A friend of mine and I have come up with a jig that I believe is very accurate and repeatable. I have used it flawlessly several time now and it has made for me using the quadrant hinge enjoyable. Because the design is from someone else I have decided to copy write the design for Bill's sake but don't care who uses it. The design is very simple and strait forward with exact repeatability being it's strength. I used a board that is 14" square the fence is 1 1/2". The way it works is after doing the box and lid for one side you take the fence off turn the board over reattach the fence using the same holes and do the other side, this is what makes it repeatable. I will be using it in a couple days and will take lots of pictures to show how it works. 
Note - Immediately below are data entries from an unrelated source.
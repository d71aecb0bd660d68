-- ===== src/Net/Tests.antt =====
-- A ring buffer at work.
use ob_htap.Prelude.{ℕ, ◌≡◌, refl, List, [], ◌∷◌, ◌++◌, length, take, some, true, arith}
use ob_htap.Prelude.Int.{pos}
use ob_htap.Rc.{Rc}
use ob_htap.Net.RingBuffer.{RingBuffer, capacity, read, write}
use ob_htap.Net.RingBuffer.Window.{IsValid, contents}
use ob_htap.Net.RingBuffer.Fifo.{write_lem}
use ob_htap.Net.RingBuffer.Reading.{read_lem}
use ob_htap.Net.BufferedWriter.{took, again, Progress, flush}
use ob_htap.Net.BufferedWriter.{BufferedWriter, writen}
use ob_htap.Net.BufferedWriter.Streamed.{Streamed, writen-Streamed}
use ob_htap.Net.BufferedWriter.Flush.{Flushed, flush-Moved}

-- Three bytes, of which the last two stand at the front.
abbrev wrapped : RingBuffer
wrapped = record { buffer = 71 ∷ 72 ∷ 0 ∷ 70 ∷ []; data_size = 3; write_pos = 2 }

wrapped-IsValid : IsValid wrapped
wrapped-IsValid = record {
  some_room = omega arith;
  data_fits = omega arith;
  write_in = omega arith;
}

write_lem_example :
    (m : ℕ) × (r' : RingBuffer) × (write (pos 2) (73 ∷ 74 ∷ []) wrapped ≡ some (Rc.success, m, r'))
    × (m ≡ 1)
    × (contents r' ≡ contents wrapped ++ take m (73 ∷ 74 ∷ []))
    × (capacity r' ≡ 4)
    × IsValid r'
write_lem_example = write_lem 2 (73 ∷ 74 ∷ []) wrapped wrapped-IsValid refl

read_lem_example :
    (bytes : List ℕ) × (r' : RingBuffer) × (read (pos 2) wrapped ≡ some (Rc.success, bytes, r'))
    × (length bytes ≡ 2)
    × (contents wrapped ≡ bytes ++ contents r')
    × (capacity r' ≡ 4)
    × IsValid r'
read_lem_example = read_lem 2 wrapped wrapped-IsValid

-- The connection takes one byte, asks to try again, and takes the rest.
flush-Moved_example :
    (q : Progress) × (flush
        (took 1 ∷ again ∷ took 9 ∷ took 9 ∷ [])
        (record { opened = true; ring = wrapped; sent = [] })
      ≡ some q)
    × Flushed (record { opened = true; ring = wrapped; sent = [] }) q
flush-Moved_example =
    flush-Moved (took 1 ∷ again ∷ took 9 ∷ took 9 ∷ [])
      (record { opened = true; ring = wrapped; sent = [] }) refl wrapped-IsValid

-- Six bytes to a buffer of four with a place left.
abbrev writer : BufferedWriter
writer = record { opened = true; ring = wrapped; sent = [] }

writen-Streamed_example :
    (p : Progress) × (writen (took 3 ∷ again ∷ took 9 ∷ []) (1 ∷ 2 ∷ 3 ∷ 4 ∷ 5 ∷ 6 ∷ []) writer
      ≡ some p)
    × Streamed writer (1 ∷ 2 ∷ 3 ∷ 4 ∷ 5 ∷ 6 ∷ []) p
writen-Streamed_example =
    writen-Streamed (took 3 ∷ again ∷ took 9 ∷ []) (1 ∷ 2 ∷ 3 ∷ 4 ∷ 5 ∷ 6 ∷ []) writer
      wrapped-IsValid refl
So the next addition will I hope explain just how it works, and I am on the hook to do the next edition.


----------



## IC31 (Nov 16, 2012)

Just subscribing - especially after looking at the current jewelry box 3-4 times


----------



## xplorx4 (Dec 1, 2008)

It occurred to me early this morning that some folks may not know what a quadrant hinge is, so pic one will make it more clear. To me this hinge is a very attractive hinge making the box a little classier. I always wanted to use them but was limited by the difficulty of getting them installed and aligned so when my buddy Bill came up with the concept shown here I had a way of using this hinge, that I like so well, with a degree of ease. One of the things I hope is that others will be able to use this jig to better their projects.


----------



## Gaffboat (Mar 11, 2012)

xplorx4 said:


> It occurred to me early this morning that some folks may not know what a quadrant hinge is, so pic one will make it more clear. To me this hinge is a very attractive hinge making the box a little classier. I always wanted to use them but was limited by the difficulty of getting them installed and aligned so when my buddy Bill came up with the concept shown here I had a way of using this hinge, that I like so well, with a degree of ease. One of the things I hope is that others will be able to use this jig to better their projects.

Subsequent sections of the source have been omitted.